◆ **TRY IT**
From the line containing "unfoldable pub count_run_events" to the last line of the listing below, repeat every line exactly, and output nothing else.

◆ **RECORDS PROVIDED**

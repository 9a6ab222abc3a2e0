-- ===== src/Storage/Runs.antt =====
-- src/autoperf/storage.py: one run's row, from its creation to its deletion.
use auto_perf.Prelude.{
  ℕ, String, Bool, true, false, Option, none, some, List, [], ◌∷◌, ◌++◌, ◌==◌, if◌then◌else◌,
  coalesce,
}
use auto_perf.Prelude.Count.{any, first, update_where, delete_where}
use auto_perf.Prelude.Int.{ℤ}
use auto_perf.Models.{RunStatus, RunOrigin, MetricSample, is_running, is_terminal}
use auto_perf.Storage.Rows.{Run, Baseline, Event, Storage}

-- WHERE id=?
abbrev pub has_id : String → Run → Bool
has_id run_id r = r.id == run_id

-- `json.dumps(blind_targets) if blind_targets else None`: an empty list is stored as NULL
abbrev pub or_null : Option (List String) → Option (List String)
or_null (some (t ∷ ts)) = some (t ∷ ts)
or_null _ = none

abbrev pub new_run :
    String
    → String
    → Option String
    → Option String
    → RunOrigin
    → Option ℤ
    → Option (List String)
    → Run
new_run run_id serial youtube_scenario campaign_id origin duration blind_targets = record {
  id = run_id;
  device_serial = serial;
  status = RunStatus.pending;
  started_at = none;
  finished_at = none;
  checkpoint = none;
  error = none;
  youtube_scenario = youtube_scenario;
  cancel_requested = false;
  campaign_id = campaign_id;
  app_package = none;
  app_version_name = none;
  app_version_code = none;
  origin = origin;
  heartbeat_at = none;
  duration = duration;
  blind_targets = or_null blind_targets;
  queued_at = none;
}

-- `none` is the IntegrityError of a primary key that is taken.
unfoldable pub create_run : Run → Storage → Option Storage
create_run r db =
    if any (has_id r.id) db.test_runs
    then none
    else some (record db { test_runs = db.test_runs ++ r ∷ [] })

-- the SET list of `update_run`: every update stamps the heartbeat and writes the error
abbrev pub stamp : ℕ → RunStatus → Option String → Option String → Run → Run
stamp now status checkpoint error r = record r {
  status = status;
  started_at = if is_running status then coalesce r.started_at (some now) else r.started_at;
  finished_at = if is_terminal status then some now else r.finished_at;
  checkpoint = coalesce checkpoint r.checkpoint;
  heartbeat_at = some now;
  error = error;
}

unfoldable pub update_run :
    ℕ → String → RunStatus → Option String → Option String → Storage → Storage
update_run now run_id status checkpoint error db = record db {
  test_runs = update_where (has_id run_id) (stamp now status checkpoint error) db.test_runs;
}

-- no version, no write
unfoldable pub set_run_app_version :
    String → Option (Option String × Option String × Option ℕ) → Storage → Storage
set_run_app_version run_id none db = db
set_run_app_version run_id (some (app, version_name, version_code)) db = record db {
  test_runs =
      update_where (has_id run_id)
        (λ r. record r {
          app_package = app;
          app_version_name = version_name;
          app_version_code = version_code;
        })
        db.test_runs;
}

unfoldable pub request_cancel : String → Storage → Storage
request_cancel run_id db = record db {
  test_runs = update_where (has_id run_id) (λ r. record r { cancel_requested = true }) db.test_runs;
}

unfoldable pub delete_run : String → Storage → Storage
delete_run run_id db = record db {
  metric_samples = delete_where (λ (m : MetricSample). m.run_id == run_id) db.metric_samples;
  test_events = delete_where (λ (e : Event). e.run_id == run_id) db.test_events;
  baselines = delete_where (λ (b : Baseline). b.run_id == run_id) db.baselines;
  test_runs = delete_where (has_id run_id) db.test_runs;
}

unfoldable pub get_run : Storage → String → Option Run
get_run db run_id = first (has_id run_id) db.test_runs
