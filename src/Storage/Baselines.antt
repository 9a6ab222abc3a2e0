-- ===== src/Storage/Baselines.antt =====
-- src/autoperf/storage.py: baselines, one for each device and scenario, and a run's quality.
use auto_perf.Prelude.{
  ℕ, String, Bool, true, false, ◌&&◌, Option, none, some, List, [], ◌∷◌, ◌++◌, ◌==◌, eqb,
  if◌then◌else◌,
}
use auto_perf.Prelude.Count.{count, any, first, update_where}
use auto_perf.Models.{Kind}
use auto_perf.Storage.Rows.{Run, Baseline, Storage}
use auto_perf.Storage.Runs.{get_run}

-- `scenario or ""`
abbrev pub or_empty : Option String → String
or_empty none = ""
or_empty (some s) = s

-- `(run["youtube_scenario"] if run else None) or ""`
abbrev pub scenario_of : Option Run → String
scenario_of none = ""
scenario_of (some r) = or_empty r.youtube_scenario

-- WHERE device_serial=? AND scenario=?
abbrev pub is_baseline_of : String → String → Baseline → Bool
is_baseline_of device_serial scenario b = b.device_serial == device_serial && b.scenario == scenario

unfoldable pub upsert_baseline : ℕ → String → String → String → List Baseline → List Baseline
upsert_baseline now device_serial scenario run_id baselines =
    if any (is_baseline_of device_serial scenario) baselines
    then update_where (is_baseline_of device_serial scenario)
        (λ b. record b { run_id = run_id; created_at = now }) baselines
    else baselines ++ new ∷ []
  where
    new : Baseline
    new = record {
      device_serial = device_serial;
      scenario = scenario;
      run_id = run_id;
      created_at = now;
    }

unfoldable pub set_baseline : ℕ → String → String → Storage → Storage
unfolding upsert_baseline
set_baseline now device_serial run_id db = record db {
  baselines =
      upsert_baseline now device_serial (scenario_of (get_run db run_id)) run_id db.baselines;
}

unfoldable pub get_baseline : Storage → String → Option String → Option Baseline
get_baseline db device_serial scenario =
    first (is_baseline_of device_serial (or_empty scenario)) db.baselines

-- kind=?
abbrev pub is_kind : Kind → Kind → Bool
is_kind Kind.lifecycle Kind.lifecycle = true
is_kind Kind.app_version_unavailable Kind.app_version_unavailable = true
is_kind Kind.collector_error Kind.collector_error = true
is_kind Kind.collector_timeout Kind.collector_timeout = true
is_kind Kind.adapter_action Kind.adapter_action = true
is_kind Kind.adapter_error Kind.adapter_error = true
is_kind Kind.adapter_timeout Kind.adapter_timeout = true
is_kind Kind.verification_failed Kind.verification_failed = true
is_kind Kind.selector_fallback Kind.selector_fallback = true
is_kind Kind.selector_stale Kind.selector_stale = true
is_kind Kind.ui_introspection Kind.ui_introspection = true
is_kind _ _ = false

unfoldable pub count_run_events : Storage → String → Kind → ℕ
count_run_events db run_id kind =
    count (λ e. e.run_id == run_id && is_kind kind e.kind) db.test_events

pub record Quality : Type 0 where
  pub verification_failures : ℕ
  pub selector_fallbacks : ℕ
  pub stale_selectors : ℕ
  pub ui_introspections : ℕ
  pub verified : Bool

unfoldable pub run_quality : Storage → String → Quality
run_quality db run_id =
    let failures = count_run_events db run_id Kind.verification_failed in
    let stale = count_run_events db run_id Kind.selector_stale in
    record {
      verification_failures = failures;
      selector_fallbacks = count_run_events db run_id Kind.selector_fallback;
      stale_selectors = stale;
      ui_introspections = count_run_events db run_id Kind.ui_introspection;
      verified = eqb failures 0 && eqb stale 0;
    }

◆ **TASK RESPONSE**
unfoldable pub count_run_events : Storage → String → Kind → ℕ
count_run_events db run_id kind =
    count (λ e. e.run_id == run_id && is_kind kind e.kind) db.test_events

pub record Quality : Type 0 where
  pub verification_failures : ℕ
  pub selector_fallbacks : ℕ
  pub stale_selectors : ℕ
  pub ui_introspections : ℕ
  pub verified : Bool

unfoldable pub run_quality : Storage → String → Quality
run_quality db run_id =
    let failures = count_run_events db run_id Kind.verification_failed in
    let stale = count_run_events db run_id Kind.selector_stale in
    record {
      verification_failures = failures;
      selector_fallbacks = count_run_events db run_id Kind.selector_fallback;
      stale_selectors = stale;
      ui_introspections = count_run_events db run_id Kind.ui_introspection;
      verified = eqb failures 0 && eqb stale 0;
    }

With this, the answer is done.